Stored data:

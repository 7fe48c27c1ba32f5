-- ===== src/Planning/Expressions/Tests.antt =====
-- A filtered ratio, and the theorems about expressions at it.
use nl2data_core.Common.{ℕ, ◌≤◌, ◌≡◌, ◌↔◌, refl, true, false, some, [], ◌∷◌, any, contains, length}
use nl2data_core.Common.Text.{is_identifier}
use nl2data_core.Planning.Expressions.Syntax.{
  Scalar, scalar, unset, PredicateOp, in_values, predicate, IrPredicateExpr, IrAggregateExpr,
  IrPriorPeriodExpr, div, mul, null_policy, AggregateFunc, IrExpression, binary, round, case,
  aggregate, prior_period, coalesce, literal, done, last, when, present,
}
use nl2data_core.Planning.Expressions.Traversal.{
  expression_depth, expression_node_count, iter_nodes, expression_field_ids,
  expression_has_aggregates, expression_required_capabilities,
}
use nl2data_core.Planning.Expressions.Validation.{node_ok, check_bounds, well_formed}
use nl2data_core.Planning.Expressions.Size.{well_formed_bounds}
use nl2data_core.Planning.Expressions.Subterms.{Subterm}
use nl2data_core.Planning.Expressions.Depth.{Chain, expression_depth-Chain}
use nl2data_core.Planning.Expressions.Nodes.{has_aggregates-Subterm, required_capabilities-Subterm}
use nl2data_core.Planning.Expressions.Fields.{names_field, contains-field_ids}

abbrev paid : IrPredicateExpr
paid = record {
  op = PredicateOp.eq;
  operand = record { field_id = "status" };
  value = scalar (Scalar.str "paid");
}

abbrev total : IrExpression
total = aggregate (record {
  func = AggregateFunc.sum;
  operand = record { field_id = "amount" };
  filter = some paid;
})

-- round(sum(amount) filter (status = paid) / case when status = paid then 2 else 1 end, 2)
abbrev ratio : IrExpression
ratio =
    round
      (binary div total
        (case (when paid (literal (Scalar.int false 2)) last)
          (present (literal (Scalar.int false 1))))
        null_policy)
      2

ratio_measures : (expression_depth ratio ≡ 4) × (expression_node_count ratio ≡ 10)
unfolding expression_depth expression_node_count
ratio_measures = (refl, refl)

ratio-well_formed : well_formed ratio ≡ true
unfolding well_formed node_ok check_bounds is_identifier expression_depth expression_node_count
ratio-well_formed = refl

-- A policy of null is refused for anything but a division.
product_refused : well_formed (binary mul total total null_policy) ≡ false
unfolding well_formed node_ok check_bounds is_identifier expression_depth expression_node_count
product_refused = refl

-- `coalesce` wants an operand.
coalesce_refused : well_formed (coalesce done) ≡ false
unfolding well_formed node_ok
coalesce_refused = refl

-- The default of a predicate's value is not validated, a value of None is.
unset_accepted : well_formed (predicate (record paid { op = in_values; value = unset })) ≡ true
unfolding well_formed node_ok is_identifier
unset_accepted = refl

null_refused :
    well_formed (predicate (record paid { op = in_values; value = scalar Scalar.null })) ≡ false
unfolding well_formed node_ok is_identifier
null_refused = refl

ratio_fields : expression_field_ids ratio ≡ "amount" ∷ "status" ∷ "status" ∷ []
unfolding expression_field_ids
ratio_fields = refl

well_formed_bounds_example :
    (expression_depth ratio ≤ 6)
    × (expression_node_count ratio ≤ 24)
    × (length (iter_nodes ratio) ≤ 24)
well_formed_bounds_example = well_formed_bounds ratio ratio-well_formed

-- The depth is that of ratio's longest chain, and none is longer.
expression_depth-Chain_example :
    ((n : ℕ) → Chain ratio n → n ≤ expression_depth ratio) × Chain ratio (expression_depth ratio)
expression_depth-Chain_example = expression_depth-Chain ratio

has_aggregates-Subterm_example :
    (expression_has_aggregates ratio ≡ true) ↔ ((a : IrAggregateExpr) × Subterm ratio (aggregate a))
has_aggregates-Subterm_example = has_aggregates-Subterm ratio

required_capabilities-Subterm_example :
    ((contains "prior_period" (expression_required_capabilities ratio) ≡ true)
      ↔ ((p : IrPriorPeriodExpr) × Subterm ratio (prior_period p)))
    × (contains "computed_expressions" (expression_required_capabilities ratio) ≡ true)
required_capabilities-Subterm_example = required_capabilities-Subterm ratio

contains-field_ids_example :
    contains "status" (expression_field_ids ratio) ≡ any (names_field "status") (iter_nodes ratio)
contains-field_ids_example = contains-field_ids "status" ratio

Activity:
Counting the line that contains "has_aggregates-Subterm_example = has_aggregates-Subterm" as the first, copy exactly every line through the end of the records, and nothing else.

Output of the exercise:
has_aggregates-Subterm_example = has_aggregates-Subterm ratio

required_capabilities-Subterm_example :
    ((contains "prior_period" (expression_required_capabilities ratio) ≡ true)
      ↔ ((p : IrPriorPeriodExpr) × Subterm ratio (prior_period p)))
    × (contains "computed_expressions" (expression_required_capabilities ratio) ≡ true)
required_capabilities-Subterm_example = required_capabilities-Subterm ratio

contains-field_ids_example :
    contains "status" (expression_field_ids ratio) ≡ any (names_field "status") (iter_nodes ratio)
contains-field_ids_example = contains-field_ids "status" ratio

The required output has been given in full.